### What this task involves
Retype the full set of data, character for character.

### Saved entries
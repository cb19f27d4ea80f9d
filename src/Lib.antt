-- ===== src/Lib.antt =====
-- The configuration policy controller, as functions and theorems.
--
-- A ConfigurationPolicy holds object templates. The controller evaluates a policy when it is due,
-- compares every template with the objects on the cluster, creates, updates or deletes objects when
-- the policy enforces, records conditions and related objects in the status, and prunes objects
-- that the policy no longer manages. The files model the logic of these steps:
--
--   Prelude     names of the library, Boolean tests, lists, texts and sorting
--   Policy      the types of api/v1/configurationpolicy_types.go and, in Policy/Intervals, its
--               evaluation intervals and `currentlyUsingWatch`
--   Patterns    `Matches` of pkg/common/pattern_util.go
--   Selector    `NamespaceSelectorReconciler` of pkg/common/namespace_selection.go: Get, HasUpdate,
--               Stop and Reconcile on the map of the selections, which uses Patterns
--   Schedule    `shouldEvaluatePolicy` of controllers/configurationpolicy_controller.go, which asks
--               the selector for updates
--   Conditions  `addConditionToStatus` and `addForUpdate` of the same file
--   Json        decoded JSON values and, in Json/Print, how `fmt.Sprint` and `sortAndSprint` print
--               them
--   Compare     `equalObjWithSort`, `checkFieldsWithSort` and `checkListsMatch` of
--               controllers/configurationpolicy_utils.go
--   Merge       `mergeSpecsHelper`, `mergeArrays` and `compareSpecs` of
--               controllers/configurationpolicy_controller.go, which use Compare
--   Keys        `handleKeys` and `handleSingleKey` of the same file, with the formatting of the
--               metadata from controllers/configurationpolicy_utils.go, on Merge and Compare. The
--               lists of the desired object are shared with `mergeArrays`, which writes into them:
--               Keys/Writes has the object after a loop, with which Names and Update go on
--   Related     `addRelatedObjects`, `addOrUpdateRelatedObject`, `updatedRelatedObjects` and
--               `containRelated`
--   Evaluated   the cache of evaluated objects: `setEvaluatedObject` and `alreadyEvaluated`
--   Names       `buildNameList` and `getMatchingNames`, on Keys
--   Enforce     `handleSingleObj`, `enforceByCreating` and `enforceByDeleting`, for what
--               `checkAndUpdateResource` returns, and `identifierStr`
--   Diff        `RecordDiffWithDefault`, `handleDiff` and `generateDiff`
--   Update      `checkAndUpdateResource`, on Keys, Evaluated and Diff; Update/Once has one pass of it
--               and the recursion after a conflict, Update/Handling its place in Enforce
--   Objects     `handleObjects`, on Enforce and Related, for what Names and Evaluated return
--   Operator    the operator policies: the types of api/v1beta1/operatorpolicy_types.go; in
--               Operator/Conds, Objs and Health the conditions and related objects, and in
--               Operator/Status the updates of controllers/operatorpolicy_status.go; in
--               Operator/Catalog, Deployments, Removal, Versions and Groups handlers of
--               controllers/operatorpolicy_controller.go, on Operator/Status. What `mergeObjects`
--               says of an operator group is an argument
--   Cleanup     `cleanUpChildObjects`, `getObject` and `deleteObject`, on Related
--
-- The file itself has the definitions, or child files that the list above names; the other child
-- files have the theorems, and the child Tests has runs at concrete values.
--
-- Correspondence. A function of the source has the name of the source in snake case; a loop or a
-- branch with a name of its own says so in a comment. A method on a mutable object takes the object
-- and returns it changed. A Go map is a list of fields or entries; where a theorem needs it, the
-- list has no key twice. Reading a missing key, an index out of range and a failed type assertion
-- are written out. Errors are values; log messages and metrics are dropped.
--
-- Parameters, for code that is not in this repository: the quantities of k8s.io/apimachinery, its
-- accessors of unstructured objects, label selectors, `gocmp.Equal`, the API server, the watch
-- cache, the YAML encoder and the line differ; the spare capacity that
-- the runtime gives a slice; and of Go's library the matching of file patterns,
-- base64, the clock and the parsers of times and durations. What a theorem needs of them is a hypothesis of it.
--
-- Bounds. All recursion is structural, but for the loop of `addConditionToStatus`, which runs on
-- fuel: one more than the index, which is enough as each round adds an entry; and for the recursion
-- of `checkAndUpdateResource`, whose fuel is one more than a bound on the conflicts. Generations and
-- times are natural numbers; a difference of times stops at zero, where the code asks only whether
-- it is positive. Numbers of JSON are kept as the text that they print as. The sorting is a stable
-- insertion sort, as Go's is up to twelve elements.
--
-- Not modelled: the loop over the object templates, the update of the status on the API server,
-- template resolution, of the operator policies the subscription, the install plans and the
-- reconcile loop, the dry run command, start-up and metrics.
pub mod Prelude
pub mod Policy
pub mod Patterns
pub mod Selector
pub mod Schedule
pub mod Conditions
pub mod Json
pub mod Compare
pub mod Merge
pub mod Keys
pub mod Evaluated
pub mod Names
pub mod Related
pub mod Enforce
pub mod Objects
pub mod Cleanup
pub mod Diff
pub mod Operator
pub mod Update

### Task response
repository cb19f27d4ea80f9d
filename src/Lib.antt
-- ===== src/Lib.antt =====
-- The configuration policy controller, as functions and theorems.
--
-- A ConfigurationPolicy holds object templates. The controller evaluates a policy when it is due,
-- compares every template with the objects on the cluster, creates, updates or deletes objects when
-- the policy enforces, records conditions and related objects in the status, and prunes objects
-- that the policy no longer manages. The files model the logic of these steps:
--
--   Prelude     names of the library, Boolean tests, lists, texts and sorting
--   Policy      the types of api/v1/configurationpolicy_types.go and, in Policy/Intervals, its
--               evaluation intervals and `currentlyUsingWatch`
--   Patterns    `Matches` of pkg/common/pattern_util.go
--   Selector    `NamespaceSelectorReconciler` of pkg/common/namespace_selection.go: Get, HasUpdate,
--               Stop and Reconcile on the map of the selections, which uses Patterns
--   Schedule    `shouldEvaluatePolicy` of controllers/configurationpolicy_controller.go, which asks
--               the selector for updates
--   Conditions  `addConditionToStatus` and `addForUpdate` of the same file
--   Json        decoded JSON values and, in Json/Print, how `fmt.Sprint` and `sortAndSprint` print
--               them
--   Compare     `equalObjWithSort`, `checkFieldsWithSort` and `checkListsMatch` of
--               controllers/configurationpolicy_utils.go
--   Merge       `mergeSpecsHelper`, `mergeArrays` and `compareSpecs` of
--               controllers/configurationpolicy_controller.go, which use Compare
--   Keys        `handleKeys` and `handleSingleKey` of the same file, with the formatting of the
--               metadata from controllers/configurationpolicy_utils.go, on Merge and Compare. The
--               lists of the desired object are shared with `mergeArrays`, which writes into them:
--               Keys/Writes has the object after a loop, with which Names and Update go on
--   Related     `addRelatedObjects`, `addOrUpdateRelatedObject`, `updatedRelatedObjects` and
--               `containRelated`
--   Evaluated   the cache of evaluated objects: `setEvaluatedObject` and `alreadyEvaluated`
--   Names       `buildNameList` and `getMatchingNames`, on Keys
--   Enforce     `handleSingleObj`, `enforceByCreating` and `enforceByDeleting`, for what
--               `checkAndUpdateResource` returns, and `identifierStr`
--   Diff        `RecordDiffWithDefault`, `handleDiff` and `generateDiff`
--   Update      `checkAndUpdateResource`, on Keys, Evaluated and Diff; Update/Once has one pass of it
--               and the recursion after a conflict, Update/Handling its place in Enforce
--   Objects     `handleObjects`, on Enforce and Related, for what Names and Evaluated return
--   Operator    the operator policies: the types of api/v1beta1/operatorpolicy_types.go; in
--               Operator/Conds, Objs and Health the conditions and related objects, and in
--               Operator/Status the updates of controllers/operatorpolicy_status.go; in
--               Operator/Catalog, Deployments, Removal, Versions and Groups handlers of
--               controllers/operatorpolicy_controller.go, on Operator/Status. What `mergeObjects`
--               says of an operator group is an argument
--   Cleanup     `cleanUpChildObjects`, `getObject` and `deleteObject`, on Related
--
-- The file itself has the definitions, or child files that the list above names; the other child
-- files have the theorems, and the child Tests has runs at concrete values.
--
-- Correspondence. A function of the source has the name of the source in snake case; a loop or a
-- branch with a name of its own says so in a comment. A method on a mutable object takes the object
-- and returns it changed. A Go map is a list of fields or entries; where a theorem needs it, the
-- list has no key twice. Reading a missing key, an index out of range and a failed type assertion
-- are written out. Errors are values; log messages and metrics are dropped.
--
-- Parameters, for code that is not in this repository: the quantities of k8s.io/apimachinery, its
-- accessors of unstructured objects, label selectors, `gocmp.Equal`, the API server, the watch
-- cache, the YAML encoder and the line differ; the spare capacity that
-- the runtime gives a slice; and of Go's library the matching of file patterns,
-- base64, the clock and the parsers of times and durations. What a theorem needs of them is a hypothesis of it.
--
-- Bounds. All recursion is structural, but for the loop of `addConditionToStatus`, which runs on
-- fuel: one more than the index, which is enough as each round adds an entry; and for the recursion
-- of `checkAndUpdateResource`, whose fuel is one more than a bound on the conflicts. Generations and
-- times are natural numbers; a difference of times stops at zero, where the code asks only whether
-- it is positive. Numbers of JSON are kept as the text that they print as. The sorting is a stable
-- insertion sort, as Go's is up to twelve elements.
--
-- Not modelled: the loop over the object templates, the update of the status on the API server,
-- template resolution, of the operator policies the subscription, the install plans and the
-- reconcile loop, the dry run command, start-up and metrics.
pub mod Prelude
pub mod Policy
pub mod Patterns
pub mod Selector
pub mod Schedule
pub mod Conditions
pub mod Json
pub mod Compare
pub mod Merge
pub mod Keys
pub mod Evaluated
pub mod Names
pub mod Related
pub mod Enforce
pub mod Objects
pub mod Cleanup
pub mod Diff
pub mod Operator
pub mod Update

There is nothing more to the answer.